With all the wailing and gnashing going on today in the political world over that incendiary Gallup poll — the one conducted for USA Today that shows John McCain ahead of Barack Obama by four points among likely voters — it would be easy to overlook another bit of research released this morning by the hardest-working numbers-crunchers in the business. This particular poll appears on Gallup’s Website under the headline “Assessing the Impact of Obama’s Trip.” The trip in question, of course, would be the Audacity of Hope World Tour; the impact in question, of course, would be on the presidential race. According to Gallup, 35 percent of voters have either a positive or very positive opinion of the trip, 26 percent have a negative or very negative opinion, and 39 percent “don’t know enough to say.”

The size of the last group will no doubt come as a surprise to pundits who spent so much time last week — and still! — holding forth about the political impact that Obama’s whirlwind jaunt was certain to have. (God knows that an absence of information has never rendered them opinionless.) The initial reaction to the trip was as fawning as it was banal: Gosh, he looked so presidential!

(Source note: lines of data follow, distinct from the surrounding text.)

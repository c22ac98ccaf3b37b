-- ===== src/HttpClient/Request/Message.antt =====
-- The request that the client sends.
use boost_asio_book.Std.Decimal.{to_string}
use boost_asio_book.Prelude.{
  Bytes, ◌≡◌, [], codes, append_assoc, false, ◌++◌, ◌∷◌, arith, ◌∙◌, ap, ltb, true, length,
}
use boost_asio_book.Asio.{Asio, Completion, crlf, failed, ok}
use boost_asio_book.HttpClient.Request.{
  HttpRequest, pending, async_write, request_sent, execute, run, step, call, on_host_name_resolved,
  on_connection_established, completes, compose, unless_cancelled, receive, Next, async_connect,
  async_resolve, connection_established, host_name_resolved,
}
use boost_asio_book.HttpClient.Request.Progress.{IsComplete}
use boost_asio_book.Http.{request_line, block}

-- The request for a resource of a host, in the grammar that the server reads.
abbrev pub request_text : Bytes → Bytes → Bytes
request_text uri host =
    request_line (codes "GET") uri (codes "HTTP/1.1")
    ++ (crlf ++ block ((codes "Host", b' ' ∷ host) ∷ []))

compose-request_text :
    (r : HttpRequest) → r.request_buf ≡ [] → (compose r).request_buf ≡ request_text r.uri r.host
compose-request_text r e = rw e (simp append_assoc)

execute_starts :
    (lib : Asio) (r : HttpRequest)
    → IsComplete r
    → r.was_cancelled ≡ false
    → execute lib r ≡ ok (pending (async_resolve r.host (to_string r.port)) host_name_resolved r)
unfolding execute
execute_starts lib r v w =
    let p : ltb 0 r.port ≡ true = ground arith in
    let q : ltb 0 (length r.host) ≡ true = ground arith in
    let u : ltb 0 (length r.uri) ≡ true = ground arith in ground (arith, p, q, u, v.has_callback, w)

pub unless_cancelled_lem :
    (lib : Asio) (r : HttpRequest) (next : Next)
    → r.was_cancelled ≡ false
    → unless_cancelled lib r next ≡ ok next
unless_cancelled_lem lib r next w = ground (arith, w)

-- A complete request that is not cancelled, with its host resolved and connected to, writes a
-- well-formed GET request for its resource, with the host as its one header.
pub run-request_text :
    (lib : Asio) (r : HttpRequest) (resolved connected : Completion)
    → IsComplete r
    → r.was_cancelled ≡ false
    → r.request_buf ≡ []
    → failed resolved.ec ≡ false
    → failed connected.ec ≡ false
    → (r' : HttpRequest) × (run lib (execute lib r) (completes resolved ∷ completes connected ∷ [])
        ≡ ok (pending (async_write (request_text r.uri r.host)) request_sent r'))
unfolding run step call on_host_name_resolved on_connection_established
run-request_text lib r resolved connected v w b e1 e2 =
    let r1 = receive r resolved.received in
    let r2 = receive r1 connected.received in
    (
      compose r2,
      rw (execute_starts lib r v w, e1)
          (rw (unless_cancelled_lem lib r1 (pending async_connect connection_established r1) w) (
            rw e2 (
              unless_cancelled_lem lib (compose r2)
                (pending (async_write (compose r2).request_buf) request_sent (compose r2)) w
              ∙ ap (λ t. ok (pending (async_write t) request_sent (compose r2)))
                  (compose-request_text r2 b)))),
    )
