-- ===== src/HttpClient/Request/Loop.antt =====
-- The header loop of the client's `on_headers_received`.
use boost_asio_book.Asio.{crlf}
use boost_asio_book.Http.{Field, AreFields, block, insert_all}
use boost_asio_book.Std.Stream.Laws.{getline-append, getline_bad, get-getline-length, get_bad}
use boost_asio_book.Std.Stream.{get, good, istream, getline, split_at}
use boost_asio_book.Prelude.{
  Bytes, ℕ, Lacks, ◌++◌, ◌≡◌, false, ◌∷◌, equal, length, some, [], arith, ltb, take-append, ==_refl,
  none, ◌-◌, ==-eq_false, length-append, suc, true, drop-suc-append, zero, ◌<◌, Bool-cases, refl,
  inl, inr, List, append_assoc, All-append, subst, sym, ◌∙◌, ap,
}
use boost_asio_book.HttpClient.Request.{
  Headers, next_line, store_line, header_loop, find, add_header, header_value, HttpResponse,
  HttpRequest, start_headers,
}

-- A header line without a carriage return is read whole, with the two bytes behind it.
pub next_line-append :
    (h : Headers) (line rest : Bytes) (c : ℕ)
    → Lacks b'\r' line
    → next_line (record h { stream = istream (line ++ b'\r' ∷ c ∷ rest) })
      ≡ record h { stream = istream rest; header = line }
unfolding next_line get
next_line-append h line rest c l = rw (getline-append b'\r' line (c ∷ rest) h.header l)

find-append : (d : ℕ) (xs ys : Bytes) → Lacks d xs → find d (xs ++ d ∷ ys) ≡ some (length xs)
unfolding find
find-append d [] ys h = ground (arith, ==_refl d)
find-append d (x ∷ xs) ys h = ground (arith, ==-eq_false x d h.0, find-append d xs ys h.1)

header_value_lem : (name value : Bytes) → header_value (name ++ b':' ∷ value) (length name) ≡ value
header_value_lem name [] =
    let e : ltb (length name) (length (name ++ b':' ∷ []) - 1) ≡ false =
      ground (arith, length-append name (b':' ∷ [])) in
    rw e
header_value_lem name (c ∷ value) =
    let e : ltb (length name) (length (name ++ b':' ∷ c ∷ value) - 1) ≡ true =
      ground (arith, length-append name (b':' ∷ c ∷ value)) in
    rw e (drop-suc-append name b':' (c ∷ value))

-- A line of a name and a value is stored so, whatever the value holds.
store_line_lem :
    (h : Headers) (name value : Bytes)
    → Lacks b':' name
    → h.header ≡ name ++ b':' ∷ value
    → store_line h ≡ record h { parsed = add_header name value h.parsed }
store_line_lem h name value n e =
    rw (
      e,
      find-append b':' name value n,
      take-append name (b':' ∷ value),
      header_value_lem name value,
    )

-- On a stream that is not good a line is the one before it.
next_line_bad :
    (h : Headers)
    → good h.stream ≡ false
    → ((next_line h).header ≡ h.header) × (good (next_line h).stream ≡ false)
unfolding next_line
next_line_bad h b =
    let (e, b') = getline_bad b'\r' h.stream h.header b in
    (e, get_bad (getline b'\r' h.stream h.header).1 b')

-- A loop on a stream that is not good, with a header in hand, never ends.
pub header_loop_bad :
    (fuel : ℕ) (h : Headers)
    → good h.stream ≡ false
    → equal h.header [] ≡ false
    → header_loop fuel h ≡ none
unfolding header_loop
header_loop_bad zero h b e = refl
header_loop_bad (suc fuel) h b e =
    let (same, b') = next_line_bad h b in
    let e' : equal (next_line h).header [] ≡ false = rw same e in
    rw (e', header_loop) (header_loop_bad fuel (store_line (next_line h)) b' e')

next_line-length :
    (h : Headers)
    → good (next_line h).stream ≡ true
    → length (next_line h).stream.buf < length h.stream.buf
unfolding next_line
next_line-length h g = get-getline-length b'\r' h.stream h.header g

header_loop-enough :
    (fuel more : ℕ) (h : Headers) {last : Headers}
    → length h.stream.buf < more
    → header_loop fuel h ≡ some last
    → header_loop more h ≡ some last
unfolding header_loop
header_loop-enough zero more h m e = cc
header_loop-enough (suc fuel) zero h m e = elim m [ ]
header_loop-enough (suc fuel) (suc more) h m e = elim (Bool-cases (equal (next_line h).header [])) [
  | inl over ↦ ground (arith, over, e)
  | inr line ↦ elim (Bool-cases (good (next_line h).stream)) [
    | inl g ↦
        rw (line, header_loop)
          (header_loop-enough fuel more (store_line (next_line h))
            (omega (arith, next_line-length h g)) (rw (line, header_loop) at e))
    | inr b ↦
        cc (header_loop_bad fuel (store_line (next_line h)) b line, rw (line, header_loop) at e)
  ]
]

-- If any number of rounds ends the loop, then the number that the handler allows does: where that
-- number does not, the loop runs for ever.
pub header_loop-length :
    (fuel : ℕ) (h : Headers) {last : Headers}
    → header_loop fuel h ≡ some last
    → header_loop (suc (length h.stream.buf)) h ≡ some last
header_loop-length fuel h e = header_loop-enough fuel (suc (length h.stream.buf)) h (omega arith) e

header_loop-next_line :
    (fuel : ℕ) (h : Headers)
    → equal (next_line h).header [] ≡ false
    → header_loop (suc fuel) h ≡ header_loop fuel (store_line (next_line h))
unfolding header_loop
header_loop-next_line fuel h e = rw (e, header_loop)

-- One round of the loop on a line that is not empty, which `h'` is known to be.
pub header_loop_round :
    (fuel : ℕ) (h h' : Headers)
    → next_line h ≡ h'
    → equal h'.header [] ≡ false
    → header_loop (suc fuel) h ≡ header_loop fuel (store_line h')
header_loop_round fuel h h' n =
    subst
      (λ x. equal x.header [] ≡ false → header_loop (suc fuel) h ≡ header_loop fuel (store_line x))
      n (header_loop-next_line fuel h)

-- The loop's variables when it has met the empty line, with the response so far.
abbrev after_block : List Field → Bytes → HttpResponse → Headers
after_block [] body p = record { stream = istream body; header = []; parsed = p }
after_block ((name, value) ∷ fields) body p = after_block fields body (add_header name value p)

equal-field : (name value : Bytes) → equal (name ++ b':' ∷ value) [] ≡ false
equal-field [] value = refl
equal-field (c ∷ name) value = refl

header_loop_end :
    (fuel : ℕ) (h : Headers) (body : Bytes)
    → header_loop (suc fuel) (record h { stream = istream (crlf ++ body) })
      ≡ some (record h { stream = istream body; header = [] })
unfolding header_loop next_line getline split_at get
header_loop_end fuel h body = refl

header_loop-after_block :
    (fields : List Field) (fuel : ℕ) (h : Headers) (body : Bytes)
    → AreFields fields
    → length fields < fuel
    → header_loop fuel (record h { stream = istream (block fields ++ body) })
      ≡ some (after_block fields body h.parsed)
unfolding header_loop
header_loop-after_block fields zero h body a k = elim k [ ]
header_loop-after_block [] (suc fuel) h body a k = header_loop_end fuel h body
header_loop-after_block ((name, value) ∷ fields) (suc fuel) h body (n, n', v, a) k =
    let line = name ++ b':' ∷ value in
    let read = record h { stream = istream (block fields ++ body); header = line } in
    let e : block ((name, value) ∷ fields) ++ body
        ≡ line ++ b'\r' ∷ b'\n' ∷ (block fields ++ body) =
      simp append_assoc in
    rw e (
      header_loop_round fuel _ read
        (next_line-append h line (block fields ++ body) b'\n'
          (All-append _ name (b':' ∷ value) n' (omega arith, v)))
        (equal-field name value)
      ∙ ap (header_loop fuel) (store_line_lem read name value n refl)
      ∙ header_loop-after_block fields fuel
          (record read { parsed = add_header name value h.parsed }) body a (omega arith))

length-block : (fields : List Field) → length fields < length (block fields)
length-block [] = omega arith
length-block ((name, value) ∷ fields) = omega (
  arith,
  length-append name (b':' ∷ (value ++ (b'\r' ∷ b'\n' ∷ block fields))),
  length-append value (b'\r' ∷ b'\n' ∷ block fields),
  length-block fields,
)

after_block_lem :
    (fields : List Field) (body : Bytes) (p : HttpResponse)
    → (after_block fields body p).stream ≡ istream body
      × ((after_block fields body p).parsed ≡ record p { headers = insert_all p.headers fields })
after_block_lem [] body p = (refl, refl)
after_block_lem ((name, value) ∷ fields) body p =
    after_block_lem fields body (add_header name value p)

-- On a block of well-formed header lines the loop ends behind the empty line: each line is stored
-- under its name, the later lines over the earlier ones, and the body stays in the buffer.
pub header_loop-block :
    (fields : List Field) (body : Bytes) (r : HttpRequest)
    → AreFields fields
    → r.response.response_buf ≡ block fields ++ body
    → (last : Headers) × (header_loop (suc (length r.response.response_buf)) (start_headers r)
        ≡ some last)
      × (last.stream ≡ istream body)
      × (last.parsed ≡ record (r.response) { headers = insert_all r.response.headers fields })
header_loop-block fields body r a e =
    let (p, q) = after_block_lem fields body r.response in
    let k = length-append (block fields) body in
    (
      after_block fields body r.response,
      subst
          (λ b.
            header_loop (suc (length b))
              (record { stream = istream b; header = []; parsed = r.response })
            ≡ some (after_block fields body r.response))
          (sym e)
          (header_loop-after_block fields (suc (length (block fields ++ body))) (start_headers r)
            body a (omega (arith, length-block fields, k))),
      p,
      q,
    )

Golly, he was gaffe-free! And hey, didja see that three-pointer? Talk about a man of destiny! Then came the inevitable backlash: Presumptuous! Arrogant! Ego-tripping! Talk about a hot dog!

The truth of the matter is that, at this stage, none of us can know what the lasting implications of Obama’s foreign whistle-stop will be. The images of him in the Middle East certainly struck me as giving him gravitas. (And the Maliki endorsement of his troop-withdrawal timetable was a ginormous political gift.) The images of Obama in Berlin, by contrast, may be effectively used against him. (See this early, and kinda funny, effort from the Republican National Committee.) But the nature of the trip — which will either work or not on an unconscious level, either assuaging inchoate doubts about Obama or exacerbating them — won’t be known until Election Day, if ever.

But that doesn’t mean Obama’s trip wasn’t instructive or clarifying — about both him and his campaign. In fact, I can think of five things that Obama’s odyssey brought into focus.

1. The Obama campaign has some stones.
In certain quarters, it’s becoming conventional wisdom that the Obama campaign is playing it too safe, that it’s too controlled and too controlling. And though there may be something to the criticism in general, the world tour suggested that when Obama’s people perceive the potential payoff to be high, they are willing to roll the dice. A trip of this kind is risky business, fraught with peril — the kind of gambit few politicians without the resources, diplomatic infrastructure, and security apparatus of the White House behind them would’ve had the nerve even to contemplate. Which brings us to …

2. The Obama campaign scales — but isn’t perfect.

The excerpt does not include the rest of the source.